Hunt to Kill (2010)
7/10
Hunt to Kill
29 April 2011
Warning: Spoilers
"When I hunt…I hunt to kill."

Stone Cold Steve Austin stars as a US Border Patrol agent on vacation in the Montana mountains in quite a bind as his daughter is held hostage by a group of menacing bank robbers out to find the security bonds stolen by the leader of their heist operation who ran off with the loot leaving them with a bomb set to go off when he calls a number to the phone attached by wires to the C-4. Gil Bellows (the man Ally McBeal had google eyes for) is hell bent on finding Lawson, the old timer who left them to die, heading by van into the Montana mountains. Bellows is a nasty individual with a mean streak and doesn't adhere to any moral code as he shoots an innocent sheriff just to make a point to Austin that he is willing to do whatever it takes to get his hands on what he believes belongs to the group. What happens as Austin, who knows the mountains better than anyone, takes the cold-blooded bunch into the wilderness to find Lawson is standard action genre fare—Austin will break from the pack, with the thought of keeping his daughter alive if at all possible while reducing the numbers in Bellows team.

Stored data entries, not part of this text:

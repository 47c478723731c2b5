-- ===== src/Payment/Store/Checkouts.antt =====
-- services/payment-service/internal/store/postgres/repository.go: `Initiate` and `FindByBooking`.
use match_mate_dating_web.Base.{
  ℕ, Bool, true, false, not, none, some, [], ◌∷◌, ◌++◌, String, ◌==◌, nat_eq, string_eq, any,
}
use match_mate_dating_web.Base.Tables.{find}
use match_mate_dating_web.Base.Result.{Result, ok, fail_if, ◌>>=◌, ◌>>◌}
use match_mate_dating_web.Payment.Domain.{State, Payment}
use match_mate_dating_web.Payment.Store.{
  IdempotencyRecord, Db, Error, or_no_rows, has_id, of_booking, has_key, collides, is_positive,
  payment_fact, conflict, not_found, no_rows, check_violation, store_failed,
}

abbrev pub idempotency_record : Payment → String → String → String → IdempotencyRecord
idempotency_record p key fingerprint id = record {
  actor_id = p.account_id;
  key = key;
  fingerprint = fingerprint;
  payment_id = id;
  created_at = p.created_at;
}

-- The row that `Initiate` inserts.
abbrev pub new_row : Payment → Payment
new_row p = record p {
  provider = "PAYHERE";
  provider_payment_id = "";
  state = State.pending;
  version = 1;
  updated_at = p.created_at;
  completed_at = none;
}

abbrev pub initiated : (ℕ → String) → Payment → String → String → Db → Db
initiated ids p key fingerprint db = record {
  payments = db.payments ++ new_row p ∷ [];
  idempotency = db.idempotency ++ idempotency_record p key fingerprint p.id ∷ [];
  callbacks = db.callbacks;
  audit =
      db.audit
      ++ record {
        payment_id = p.id;
        action = "INITIATED";
        to_state = State.pending;
        actor_id = p.account_id;
        reason_code = "";
        occurred_at = p.created_at;
      }
        ∷ [];
  outbox = db.outbox ++ payment_fact (ids 1) "PaymentInitiated" p p.account_id p.created_at ∷ [];
}

-- `Initiate`, for a booking that has no payment yet.
unfoldable pub initiate_new :
    (ℕ → Bool)
    → (ℕ → String)
    → Payment
    → String
    → String
    → Db
    → Result Error ((Payment × Bool) × Db)
initiate_new fault ids p key fingerprint db = do
  fail_if (not (is_positive p.amount)) check_violation
  fail_if (any (collides p) db.payments) conflict
  fail_if (fault 3) store_failed
  fail_if (fault 4) store_failed
  fail_if (fault 5) store_failed
  fail_if (fault 6) store_failed
  fail_if (fault 7) store_failed
  ok ((p, false), initiated ids p key fingerprint db)

-- `Initiate`
unfoldable pub initiate :
    (ℕ → Bool)
    → (ℕ → String)
    → Payment
    → String
    → String
    → Db
    → Result Error ((Payment × Bool) × Db)
initiate fault ids p key fingerprint db = do
  fail_if (fault 0) store_failed
  fail_if (fault 1) store_failed
  elim (find (has_key p.account_id key) db.idempotency) [
    | some r ↦ do
      fail_if (not (r.fingerprint == fingerprint)) conflict
      fail_if (fault 2) store_failed
      existing ← or_no_rows (find (has_id r.payment_id) db.payments) no_rows
      ok ((existing, true), db)
    | none ↦ do
      fail_if (fault 2) store_failed
      elim (find (of_booking p.booking_id p.account_id) db.payments) [
        | some existing ↦ do
          fail_if (fault 3) store_failed
          fail_if (fault 4) store_failed
          ok (
            (existing, true),
            record db {
              idempotency = db.idempotency ++ idempotency_record p key fingerprint existing.id ∷ [];
            },
          )
        | none ↦ initiate_new fault ids p key fingerprint db
      ]
  ]

-- `FindByBooking`
unfoldable pub find_by_booking : (ℕ → Bool) → String → String → Db → Result Error Payment
find_by_booking fault actor booking db = do
  fail_if (fault 0) store_failed
  or_no_rows (find (of_booking booking actor) db.payments) not_found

What I thought was fun about HUNT TO KILL was the use of thick sticks to impale members of Bellows bunch while Austin tosses action hero quips shortly afterward. Austin, of course, is just like Rambo and can fall down the rocky sides of mountains, get stabbed or shot repeatedly, take massive blows from hard objects, and bleed like a stuck pig, yet keep coming—God, I love action movies for these sorts of implausibilities. Bellows finds his inner beast in this movie, no conscience, willing to break any sort of possible negotiation for that bag of bonds—the embodiment of the repellent action movie villain, with a pack of wolves ready to devour his leftovers if they are needed. Because of his rugged looks and blue-collar persona, Stone Cold is believable in a role where the character lives off the land and knows how to make weapons using what nature provides. When he puts on his "war paint" and begins to blend in with his surroundings, I was like, "Give me a hell yeah!" Using his crossbow and sharpened spears, and especially his fists, you get plenty of Stone Cold opening a can of whoopass—particularly when Stone Cold snaps the limbs of Carl when he attempts to rape his daughter (Big no-no). Oh, if you think Stone Cold can take a licking, check out the damage Bellows withstands, such as several slugs to face with a shovel and a fall through wooden pallets from off a scaffold. So HUNT TO KILL has the identifiable traits we are accustomed to when watching dumb, loud action movies. Breathtaking, gorgeous location where all the action transpires( the Vancouver, Canadian wilderness substituting for Montana) is most definitely an asset in the film's favor. Eric Roberts shows up in a (really) small cameo as Austin's former Border Patrol partner who gets it when the two raid a meth lab. Michael Hogan is Lawson, with Gary Daniels as Bellows' British henchman (Jensen), Emilie Ullerup as the stunning Dominika (betrayed by Lawson and left to blow up with the bomb trap)who wants to get even with her former lover, Marie Avgeropoulos as Stone Cold's tough, resilient daughter (Kim), Michael Eklund as computer techie Geary with big mouth and aggressive, antagonistic nature (not to mention, his need to bring out his stun gun to tease Dominika who is more man than he is, the pipsqueak), and Adrian Holmes (as Crab, always screwing up and finally goes one step too far when he tries to rape Kim) round out the cast.